==== The data ====

-- ===== src/Procfs.antt =====
-- What go/src/dropbox/procfs reads in /proc.
pub mod Fault
pub mod Tree
pub mod Stat
pub mod Env
pub mod Usage
mod Tests
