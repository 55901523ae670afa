-- ===== src/Procfs/Fault.antt =====
-- The errors that go/src/dropbox/procfs tells apart.

pub data Fault : Type 0 where
  not_exist : Fault
  esrch : Fault
  permission : Fault
  other : Fault
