-- ===== src/Procfs/Env.antt =====
-- The environments and the children of processes, as go/src/dropbox/procfs/stat.go reads them.
pub mod Bindings
use dbx_build_tools.Base.{
  ℕ, Bool, true, false, Option, none, some, List, [], ◌∷◌, ◌++◌, ◌==◌, Str, codes, cut, split,
  insert, map, is_nil, if◌then◌else◌,
}
use dbx_build_tools.Base.Result.{Result, ok, err, panic, ◌>>=◌}
use dbx_build_tools.Procfs.Fault.{Fault, not_exist, esrch, permission, other}

pub record ProcEnv : Type 0 where
  pub env : Str
  pub env_map : List (Str × Str)
  pub pid : ℕ

-- The loop of `ReadProcEnv` over the pieces between zero bytes.
unfoldable pub env_loop : List Str → List (Str × Str) → List (Str × Str)
unfolding cut insert
env_loop [] env_map = env_map
env_loop (ep ∷ pieces) env_map = env_loop pieces (
    if is_nil ep
    then env_map
    else elim (cut ep 61) [ none ↦ env_map | some (k, v) ↦ insert k v env_map ])

-- `ReadProcEnv`
unfoldable pub read_proc_env : ℕ → Result Fault Str → Result Fault ProcEnv
unfolding env_loop split
read_proc_env pid file =
    file >>= λ env. ok (record { env = env; env_map = env_loop (split env 0) []; pid = pid })

-- The errors at which `ReadAllProcEnv` goes on with the next process.
unfoldable pub is_skipped : Fault → Bool
is_skipped not_exist = true
is_skipped esrch = true
is_skipped permission = true
is_skipped other = false

module _ (atoi : Str → Option ℕ) where
  -- The loop of `ReadAllProcEnv` over the names in /proc.
  unfoldable pub envs_loop :
      (ℕ → Result Fault Str) → List Str → List ProcEnv → Result Fault (List ProcEnv)
  unfolding read_proc_env is_skipped
  envs_loop read_file [] proc_envs = ok proc_envs
  envs_loop read_file (ent ∷ entries) proc_envs = elim (atoi ent) [
    | none ↦ envs_loop read_file entries proc_envs
    | some pid ↦ elim (read_proc_env pid (read_file pid)) [
      | panic ↦ panic
      | err e ↦
          (let rest = envs_loop read_file entries proc_envs in if is_skipped e then rest else err e)
      | ok proc_env ↦ envs_loop read_file entries (proc_envs ++ proc_env ∷ [])
    ]
  ]

  -- `ReadAllProcEnv`
  unfoldable pub read_all_proc_env :
      Result Fault (List Str) → (ℕ → Result Fault Str) → Result Fault (List ProcEnv)
  unfolding envs_loop
  read_all_proc_env entries read_file = entries >>= λ names. envs_loop read_file names []

  -- The loop of `ChildPids` over the bytes of one file, where `piece` is `childrens[start:i]`; what
  -- follows the last space is dropped.
  unfoldable pub children_loop : Str → Str → List ℕ → Result Fault (List ℕ)
  children_loop piece [] child_pids = ok child_pids
  children_loop piece (ch ∷ bytes) child_pids =
      let longer = children_loop (piece ++ ch ∷ []) bytes child_pids in
      if ch == 32
      then elim (atoi piece) [
        | none ↦ err other
        | some child_pid ↦ children_loop [] bytes (child_pids ++ child_pid ∷ [])
      ]
      else longer

  -- The loop of `ChildPids` over the files of the tasks.
  unfoldable pub tasks_loop : List (Result Fault Str) → List ℕ → Result Fault (List ℕ)
  unfolding children_loop
  tasks_loop [] child_pids = ok child_pids
  tasks_loop (panic ∷ tasks) child_pids = panic
  tasks_loop (err not_exist ∷ tasks) child_pids = tasks_loop tasks child_pids
  tasks_loop (err esrch ∷ tasks) child_pids = err esrch
  tasks_loop (err permission ∷ tasks) child_pids = err permission
  tasks_loop (err other ∷ tasks) child_pids = err other
  tasks_loop (ok bytes ∷ tasks) child_pids =
      children_loop [] bytes child_pids >>= λ found. tasks_loop tasks found

  -- `ChildPids`
  unfoldable pub child_pids : Result Fault (List (Result Fault Str)) → Result Fault (List ℕ)
  unfolding tasks_loop
  child_pids tasks = tasks >>= λ files. tasks_loop files []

====

Goal of the exercise ->
The answer is the run of lines above from the line containing "none ↦ err other" through the line containing "tasks_loop (err permission", copied exactly and alone.

Answer below ->
        | none ↦ err other
        | some child_pid ↦ children_loop [] bytes (child_pids ++ child_pid ∷ [])
      ]
      else longer

  -- The loop of `ChildPids` over the files of the tasks.
  unfoldable pub tasks_loop : List (Result Fault Str) → List ℕ → Result Fault (List ℕ)
  unfolding children_loop
  tasks_loop [] child_pids = ok child_pids
  tasks_loop (panic ∷ tasks) child_pids = panic
  tasks_loop (err not_exist ∷ tasks) child_pids = tasks_loop tasks child_pids
  tasks_loop (err esrch ∷ tasks) child_pids = err esrch
  tasks_loop (err permission ∷ tasks) child_pids = err permission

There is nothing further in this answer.